Using the data below, return every line that holds the word "length".

---*---

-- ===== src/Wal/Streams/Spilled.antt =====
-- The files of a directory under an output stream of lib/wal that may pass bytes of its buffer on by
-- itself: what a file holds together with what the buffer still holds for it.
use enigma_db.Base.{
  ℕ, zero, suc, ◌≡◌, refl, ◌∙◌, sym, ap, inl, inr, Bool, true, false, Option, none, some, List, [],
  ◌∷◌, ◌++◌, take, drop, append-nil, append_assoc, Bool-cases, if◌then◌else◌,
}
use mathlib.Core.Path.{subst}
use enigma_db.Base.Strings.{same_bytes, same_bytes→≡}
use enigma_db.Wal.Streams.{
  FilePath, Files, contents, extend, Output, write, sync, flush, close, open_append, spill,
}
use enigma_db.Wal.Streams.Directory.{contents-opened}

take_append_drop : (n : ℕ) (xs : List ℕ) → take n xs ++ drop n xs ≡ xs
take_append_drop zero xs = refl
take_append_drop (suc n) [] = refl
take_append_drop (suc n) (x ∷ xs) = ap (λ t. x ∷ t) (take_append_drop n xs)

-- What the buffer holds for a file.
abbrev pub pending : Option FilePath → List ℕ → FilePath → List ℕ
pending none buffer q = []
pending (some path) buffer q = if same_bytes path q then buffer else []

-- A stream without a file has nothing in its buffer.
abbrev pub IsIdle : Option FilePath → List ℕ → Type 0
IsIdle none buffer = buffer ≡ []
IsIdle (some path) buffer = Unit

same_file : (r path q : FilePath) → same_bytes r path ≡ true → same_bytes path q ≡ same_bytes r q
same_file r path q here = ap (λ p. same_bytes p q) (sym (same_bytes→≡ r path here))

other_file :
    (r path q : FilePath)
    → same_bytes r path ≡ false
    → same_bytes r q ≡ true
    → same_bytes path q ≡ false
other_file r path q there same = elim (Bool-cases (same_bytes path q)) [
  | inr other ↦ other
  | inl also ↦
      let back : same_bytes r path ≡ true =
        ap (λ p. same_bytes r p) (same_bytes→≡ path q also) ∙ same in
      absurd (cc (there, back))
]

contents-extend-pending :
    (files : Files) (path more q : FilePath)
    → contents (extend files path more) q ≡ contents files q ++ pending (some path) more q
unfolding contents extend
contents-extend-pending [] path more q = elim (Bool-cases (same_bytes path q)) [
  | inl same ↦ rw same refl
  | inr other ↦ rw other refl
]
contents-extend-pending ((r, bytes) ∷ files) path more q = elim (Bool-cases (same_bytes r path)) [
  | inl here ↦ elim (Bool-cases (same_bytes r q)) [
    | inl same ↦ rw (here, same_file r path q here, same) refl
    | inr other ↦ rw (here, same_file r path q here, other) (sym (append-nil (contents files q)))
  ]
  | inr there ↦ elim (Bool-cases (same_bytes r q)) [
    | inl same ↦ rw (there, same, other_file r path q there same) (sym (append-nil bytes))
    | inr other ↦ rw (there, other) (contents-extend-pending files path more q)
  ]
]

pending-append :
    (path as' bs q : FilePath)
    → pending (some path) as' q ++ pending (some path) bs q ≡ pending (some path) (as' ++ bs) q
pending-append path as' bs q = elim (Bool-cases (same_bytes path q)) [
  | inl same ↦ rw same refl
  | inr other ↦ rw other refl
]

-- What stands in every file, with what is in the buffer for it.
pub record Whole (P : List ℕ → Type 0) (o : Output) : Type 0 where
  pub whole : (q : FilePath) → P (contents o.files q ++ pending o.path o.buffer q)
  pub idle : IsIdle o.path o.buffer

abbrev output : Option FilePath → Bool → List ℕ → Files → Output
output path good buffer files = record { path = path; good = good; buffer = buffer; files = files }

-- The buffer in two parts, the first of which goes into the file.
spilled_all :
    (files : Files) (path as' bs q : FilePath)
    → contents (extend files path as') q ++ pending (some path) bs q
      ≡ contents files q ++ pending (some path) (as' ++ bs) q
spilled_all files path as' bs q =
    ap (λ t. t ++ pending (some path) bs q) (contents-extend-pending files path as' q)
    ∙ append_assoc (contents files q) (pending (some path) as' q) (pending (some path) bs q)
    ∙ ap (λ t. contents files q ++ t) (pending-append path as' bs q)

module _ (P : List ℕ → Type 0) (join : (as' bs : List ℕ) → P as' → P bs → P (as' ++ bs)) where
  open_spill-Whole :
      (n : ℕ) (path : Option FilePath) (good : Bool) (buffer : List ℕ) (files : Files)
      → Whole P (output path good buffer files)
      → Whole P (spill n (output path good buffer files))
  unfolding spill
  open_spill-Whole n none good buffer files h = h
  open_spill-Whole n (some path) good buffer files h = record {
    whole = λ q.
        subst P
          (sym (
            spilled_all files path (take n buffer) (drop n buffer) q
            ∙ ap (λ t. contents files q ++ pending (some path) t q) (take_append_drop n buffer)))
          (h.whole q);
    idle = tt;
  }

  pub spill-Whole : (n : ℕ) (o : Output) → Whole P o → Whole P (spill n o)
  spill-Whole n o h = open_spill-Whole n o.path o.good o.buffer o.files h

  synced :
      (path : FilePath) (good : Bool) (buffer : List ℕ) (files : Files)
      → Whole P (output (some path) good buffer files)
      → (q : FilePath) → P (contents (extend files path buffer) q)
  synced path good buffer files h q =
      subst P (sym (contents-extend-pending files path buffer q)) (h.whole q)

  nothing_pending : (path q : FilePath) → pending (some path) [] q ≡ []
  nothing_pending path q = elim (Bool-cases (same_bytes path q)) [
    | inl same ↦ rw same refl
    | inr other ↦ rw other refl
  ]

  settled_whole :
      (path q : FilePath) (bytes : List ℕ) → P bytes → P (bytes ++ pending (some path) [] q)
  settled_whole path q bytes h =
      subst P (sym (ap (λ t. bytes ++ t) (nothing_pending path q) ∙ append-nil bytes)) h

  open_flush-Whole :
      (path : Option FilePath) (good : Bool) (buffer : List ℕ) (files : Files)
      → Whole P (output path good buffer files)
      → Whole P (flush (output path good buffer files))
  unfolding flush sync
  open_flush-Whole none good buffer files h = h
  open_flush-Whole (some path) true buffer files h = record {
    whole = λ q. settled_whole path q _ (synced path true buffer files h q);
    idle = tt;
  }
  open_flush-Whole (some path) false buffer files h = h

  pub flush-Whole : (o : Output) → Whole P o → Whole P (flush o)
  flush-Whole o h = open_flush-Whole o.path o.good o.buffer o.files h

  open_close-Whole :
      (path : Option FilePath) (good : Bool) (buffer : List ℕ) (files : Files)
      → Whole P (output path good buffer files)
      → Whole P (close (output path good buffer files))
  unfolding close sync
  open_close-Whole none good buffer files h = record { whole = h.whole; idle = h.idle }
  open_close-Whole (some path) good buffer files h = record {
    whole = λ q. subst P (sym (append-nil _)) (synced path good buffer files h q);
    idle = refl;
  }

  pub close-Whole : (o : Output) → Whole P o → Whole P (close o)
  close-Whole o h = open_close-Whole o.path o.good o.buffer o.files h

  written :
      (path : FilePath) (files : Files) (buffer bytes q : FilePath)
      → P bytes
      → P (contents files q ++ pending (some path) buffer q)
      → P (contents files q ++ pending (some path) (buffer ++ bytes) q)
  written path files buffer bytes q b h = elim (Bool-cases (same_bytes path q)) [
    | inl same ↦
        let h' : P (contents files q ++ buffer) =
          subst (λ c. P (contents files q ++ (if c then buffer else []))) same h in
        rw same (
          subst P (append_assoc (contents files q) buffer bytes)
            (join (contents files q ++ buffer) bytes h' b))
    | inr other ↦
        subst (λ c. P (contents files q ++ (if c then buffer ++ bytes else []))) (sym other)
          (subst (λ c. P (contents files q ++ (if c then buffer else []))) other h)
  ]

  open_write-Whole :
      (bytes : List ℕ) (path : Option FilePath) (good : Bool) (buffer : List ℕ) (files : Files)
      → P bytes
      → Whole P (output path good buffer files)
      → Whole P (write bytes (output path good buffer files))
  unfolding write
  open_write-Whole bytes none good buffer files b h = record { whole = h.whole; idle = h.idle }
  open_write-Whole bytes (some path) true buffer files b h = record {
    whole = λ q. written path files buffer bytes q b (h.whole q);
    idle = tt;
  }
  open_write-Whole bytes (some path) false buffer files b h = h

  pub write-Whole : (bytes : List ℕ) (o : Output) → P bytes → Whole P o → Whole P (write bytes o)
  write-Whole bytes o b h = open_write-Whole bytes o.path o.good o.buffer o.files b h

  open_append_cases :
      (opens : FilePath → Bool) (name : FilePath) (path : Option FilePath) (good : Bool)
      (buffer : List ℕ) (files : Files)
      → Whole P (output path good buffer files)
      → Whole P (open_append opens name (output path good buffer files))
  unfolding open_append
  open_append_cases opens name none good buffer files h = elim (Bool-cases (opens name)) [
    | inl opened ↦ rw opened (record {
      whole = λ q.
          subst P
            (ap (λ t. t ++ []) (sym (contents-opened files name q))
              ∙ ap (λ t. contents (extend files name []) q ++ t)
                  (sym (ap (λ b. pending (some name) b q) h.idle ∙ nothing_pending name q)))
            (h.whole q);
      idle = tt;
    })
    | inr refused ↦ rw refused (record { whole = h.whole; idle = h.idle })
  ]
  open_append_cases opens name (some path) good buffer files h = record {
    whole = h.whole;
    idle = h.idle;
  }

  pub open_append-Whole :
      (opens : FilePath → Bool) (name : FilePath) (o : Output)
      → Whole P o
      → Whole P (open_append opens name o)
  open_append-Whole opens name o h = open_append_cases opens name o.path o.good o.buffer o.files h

---*---

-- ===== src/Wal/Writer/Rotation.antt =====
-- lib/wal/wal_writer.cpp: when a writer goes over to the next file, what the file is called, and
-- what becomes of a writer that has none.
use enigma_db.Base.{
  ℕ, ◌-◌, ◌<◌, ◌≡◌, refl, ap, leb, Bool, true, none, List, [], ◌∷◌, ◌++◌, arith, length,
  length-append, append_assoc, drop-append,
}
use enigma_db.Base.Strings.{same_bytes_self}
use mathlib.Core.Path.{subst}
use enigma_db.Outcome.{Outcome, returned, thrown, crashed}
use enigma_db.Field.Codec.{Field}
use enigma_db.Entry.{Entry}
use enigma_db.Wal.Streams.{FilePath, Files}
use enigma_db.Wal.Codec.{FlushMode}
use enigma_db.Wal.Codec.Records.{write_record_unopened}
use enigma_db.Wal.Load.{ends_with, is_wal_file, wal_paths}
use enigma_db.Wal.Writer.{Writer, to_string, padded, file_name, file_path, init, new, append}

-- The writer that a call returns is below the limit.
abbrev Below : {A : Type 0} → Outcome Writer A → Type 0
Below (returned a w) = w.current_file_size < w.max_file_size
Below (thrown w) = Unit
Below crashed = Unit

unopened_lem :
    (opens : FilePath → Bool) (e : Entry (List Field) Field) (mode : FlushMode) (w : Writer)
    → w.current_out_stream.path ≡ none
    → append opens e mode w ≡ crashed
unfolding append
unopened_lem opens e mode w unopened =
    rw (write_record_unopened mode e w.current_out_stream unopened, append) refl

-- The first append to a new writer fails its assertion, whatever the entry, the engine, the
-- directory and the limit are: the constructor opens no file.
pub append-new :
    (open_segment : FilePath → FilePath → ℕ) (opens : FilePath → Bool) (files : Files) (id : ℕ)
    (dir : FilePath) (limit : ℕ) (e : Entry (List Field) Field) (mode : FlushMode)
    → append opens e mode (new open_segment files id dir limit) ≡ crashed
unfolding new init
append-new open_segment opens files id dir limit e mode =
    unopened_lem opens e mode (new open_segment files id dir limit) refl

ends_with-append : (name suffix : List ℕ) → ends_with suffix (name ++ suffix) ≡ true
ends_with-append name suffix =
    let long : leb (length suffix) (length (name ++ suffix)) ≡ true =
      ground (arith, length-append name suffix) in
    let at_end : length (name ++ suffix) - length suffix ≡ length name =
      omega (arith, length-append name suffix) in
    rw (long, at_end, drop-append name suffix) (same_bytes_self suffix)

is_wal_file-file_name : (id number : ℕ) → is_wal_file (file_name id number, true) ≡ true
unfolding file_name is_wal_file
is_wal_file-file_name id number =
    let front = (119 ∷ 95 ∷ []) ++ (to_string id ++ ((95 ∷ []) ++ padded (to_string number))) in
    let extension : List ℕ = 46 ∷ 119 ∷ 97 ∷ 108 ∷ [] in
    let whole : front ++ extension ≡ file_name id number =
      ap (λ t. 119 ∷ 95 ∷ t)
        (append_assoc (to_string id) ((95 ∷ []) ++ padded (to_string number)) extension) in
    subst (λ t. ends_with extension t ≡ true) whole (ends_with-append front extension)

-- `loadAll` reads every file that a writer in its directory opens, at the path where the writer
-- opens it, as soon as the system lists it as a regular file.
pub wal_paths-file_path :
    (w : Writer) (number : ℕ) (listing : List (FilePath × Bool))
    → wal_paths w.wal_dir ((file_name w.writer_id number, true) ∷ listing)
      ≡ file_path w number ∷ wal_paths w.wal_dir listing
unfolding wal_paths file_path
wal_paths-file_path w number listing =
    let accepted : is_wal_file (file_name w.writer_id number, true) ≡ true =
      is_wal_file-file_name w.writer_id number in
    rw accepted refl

---*---

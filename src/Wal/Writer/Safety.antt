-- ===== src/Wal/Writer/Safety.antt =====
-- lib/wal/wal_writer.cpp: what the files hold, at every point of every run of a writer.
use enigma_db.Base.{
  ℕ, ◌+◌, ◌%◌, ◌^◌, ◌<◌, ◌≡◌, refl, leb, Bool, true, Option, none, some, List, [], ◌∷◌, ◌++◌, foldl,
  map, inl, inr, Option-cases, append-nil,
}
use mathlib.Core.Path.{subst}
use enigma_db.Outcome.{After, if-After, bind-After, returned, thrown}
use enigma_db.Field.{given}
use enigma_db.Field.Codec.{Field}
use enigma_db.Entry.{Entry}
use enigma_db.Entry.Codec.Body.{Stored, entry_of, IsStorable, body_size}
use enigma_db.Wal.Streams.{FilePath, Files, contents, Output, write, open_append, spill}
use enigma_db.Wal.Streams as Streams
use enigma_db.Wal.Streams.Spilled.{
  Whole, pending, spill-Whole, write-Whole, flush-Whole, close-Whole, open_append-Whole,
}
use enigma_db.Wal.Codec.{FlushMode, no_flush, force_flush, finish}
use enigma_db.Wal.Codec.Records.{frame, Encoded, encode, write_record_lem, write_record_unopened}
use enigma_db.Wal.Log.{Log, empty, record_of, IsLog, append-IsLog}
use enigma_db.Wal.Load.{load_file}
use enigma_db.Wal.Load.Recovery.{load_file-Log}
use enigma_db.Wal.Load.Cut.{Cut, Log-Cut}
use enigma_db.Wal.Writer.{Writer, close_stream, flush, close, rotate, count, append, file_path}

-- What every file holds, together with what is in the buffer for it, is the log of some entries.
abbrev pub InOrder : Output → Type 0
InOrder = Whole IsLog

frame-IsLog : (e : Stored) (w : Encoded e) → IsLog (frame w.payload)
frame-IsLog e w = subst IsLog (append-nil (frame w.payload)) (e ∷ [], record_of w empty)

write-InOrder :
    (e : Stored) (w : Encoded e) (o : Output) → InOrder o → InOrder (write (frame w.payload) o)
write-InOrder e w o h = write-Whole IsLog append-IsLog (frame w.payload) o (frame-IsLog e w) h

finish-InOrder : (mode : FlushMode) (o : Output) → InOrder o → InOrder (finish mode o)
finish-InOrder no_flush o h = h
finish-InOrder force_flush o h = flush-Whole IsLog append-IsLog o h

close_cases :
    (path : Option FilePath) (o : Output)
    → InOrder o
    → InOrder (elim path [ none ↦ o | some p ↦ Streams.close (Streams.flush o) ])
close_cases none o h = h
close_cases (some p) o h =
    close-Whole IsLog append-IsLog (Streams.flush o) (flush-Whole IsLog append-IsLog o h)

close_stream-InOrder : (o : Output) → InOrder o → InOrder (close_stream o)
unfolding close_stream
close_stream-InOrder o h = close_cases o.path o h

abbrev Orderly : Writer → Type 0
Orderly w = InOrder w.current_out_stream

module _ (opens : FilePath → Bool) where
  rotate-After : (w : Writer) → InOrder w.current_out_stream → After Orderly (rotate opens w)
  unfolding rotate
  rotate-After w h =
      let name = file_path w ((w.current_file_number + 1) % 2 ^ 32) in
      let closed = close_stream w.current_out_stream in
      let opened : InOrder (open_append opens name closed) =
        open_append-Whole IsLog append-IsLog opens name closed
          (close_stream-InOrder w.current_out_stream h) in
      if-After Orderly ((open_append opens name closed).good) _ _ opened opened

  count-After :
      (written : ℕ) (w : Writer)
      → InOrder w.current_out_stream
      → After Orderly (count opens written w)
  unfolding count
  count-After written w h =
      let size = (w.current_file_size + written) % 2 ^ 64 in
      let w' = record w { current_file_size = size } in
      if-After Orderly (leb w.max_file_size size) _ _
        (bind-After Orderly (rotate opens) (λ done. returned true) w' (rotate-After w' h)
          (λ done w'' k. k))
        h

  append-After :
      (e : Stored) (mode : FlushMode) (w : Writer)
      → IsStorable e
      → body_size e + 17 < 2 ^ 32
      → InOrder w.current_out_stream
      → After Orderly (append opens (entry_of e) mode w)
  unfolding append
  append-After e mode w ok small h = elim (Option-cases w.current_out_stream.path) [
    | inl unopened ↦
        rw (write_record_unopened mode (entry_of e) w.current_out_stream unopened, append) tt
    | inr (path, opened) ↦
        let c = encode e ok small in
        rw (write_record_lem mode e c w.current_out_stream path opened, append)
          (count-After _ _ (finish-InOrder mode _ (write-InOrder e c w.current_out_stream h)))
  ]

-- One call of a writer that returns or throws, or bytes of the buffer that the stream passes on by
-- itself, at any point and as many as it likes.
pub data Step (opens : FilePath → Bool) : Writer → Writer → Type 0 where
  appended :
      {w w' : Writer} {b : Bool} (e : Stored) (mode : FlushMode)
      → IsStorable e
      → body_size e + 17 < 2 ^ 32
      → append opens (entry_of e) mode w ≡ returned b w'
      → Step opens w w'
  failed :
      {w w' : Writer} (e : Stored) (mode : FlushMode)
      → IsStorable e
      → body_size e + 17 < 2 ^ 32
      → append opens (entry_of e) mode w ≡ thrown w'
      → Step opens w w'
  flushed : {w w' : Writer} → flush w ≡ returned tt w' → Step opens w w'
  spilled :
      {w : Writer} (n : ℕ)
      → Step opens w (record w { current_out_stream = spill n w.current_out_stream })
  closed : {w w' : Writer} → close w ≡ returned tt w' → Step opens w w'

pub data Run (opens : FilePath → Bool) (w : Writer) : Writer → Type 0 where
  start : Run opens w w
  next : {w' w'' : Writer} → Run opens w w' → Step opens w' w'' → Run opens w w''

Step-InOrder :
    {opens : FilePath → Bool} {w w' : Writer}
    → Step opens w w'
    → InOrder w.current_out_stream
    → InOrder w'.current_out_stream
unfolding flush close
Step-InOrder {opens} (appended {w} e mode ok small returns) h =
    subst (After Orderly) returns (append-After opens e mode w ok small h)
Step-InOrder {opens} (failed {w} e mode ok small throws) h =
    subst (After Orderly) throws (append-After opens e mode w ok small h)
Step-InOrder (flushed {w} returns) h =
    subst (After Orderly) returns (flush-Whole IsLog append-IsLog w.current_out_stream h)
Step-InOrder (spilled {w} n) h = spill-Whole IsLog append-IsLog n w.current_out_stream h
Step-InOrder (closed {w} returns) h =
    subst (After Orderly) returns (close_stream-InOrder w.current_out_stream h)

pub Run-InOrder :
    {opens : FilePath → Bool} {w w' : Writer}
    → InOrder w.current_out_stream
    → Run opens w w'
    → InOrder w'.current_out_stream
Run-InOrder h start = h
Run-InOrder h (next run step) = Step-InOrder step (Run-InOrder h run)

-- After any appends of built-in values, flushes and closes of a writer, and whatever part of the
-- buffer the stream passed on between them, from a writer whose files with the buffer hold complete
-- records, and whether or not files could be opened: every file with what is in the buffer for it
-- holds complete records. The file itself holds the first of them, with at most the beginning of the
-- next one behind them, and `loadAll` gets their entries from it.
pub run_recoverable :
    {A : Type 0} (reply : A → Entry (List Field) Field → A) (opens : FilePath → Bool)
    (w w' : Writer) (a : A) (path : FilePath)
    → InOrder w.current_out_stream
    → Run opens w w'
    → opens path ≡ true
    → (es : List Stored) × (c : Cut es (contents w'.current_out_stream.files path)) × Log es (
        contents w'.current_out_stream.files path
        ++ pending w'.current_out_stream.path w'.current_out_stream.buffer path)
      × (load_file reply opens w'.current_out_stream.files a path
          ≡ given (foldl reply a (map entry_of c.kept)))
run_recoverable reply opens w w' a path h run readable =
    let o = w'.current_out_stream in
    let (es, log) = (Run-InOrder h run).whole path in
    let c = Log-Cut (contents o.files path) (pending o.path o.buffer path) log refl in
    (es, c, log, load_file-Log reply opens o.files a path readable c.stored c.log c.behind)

---*---

__Response area__
  ℕ, ◌-◌, ◌<◌, ◌≡◌, refl, ap, leb, Bool, true, none, List, [], ◌∷◌, ◌++◌, arith, length,
  length-append, append_assoc, drop-append,
    let long : leb (length suffix) (length (name ++ suffix)) ≡ true =
      ground (arith, length-append name suffix) in
    let at_end : length (name ++ suffix) - length suffix ≡ length name =
      omega (arith, length-append name suffix) in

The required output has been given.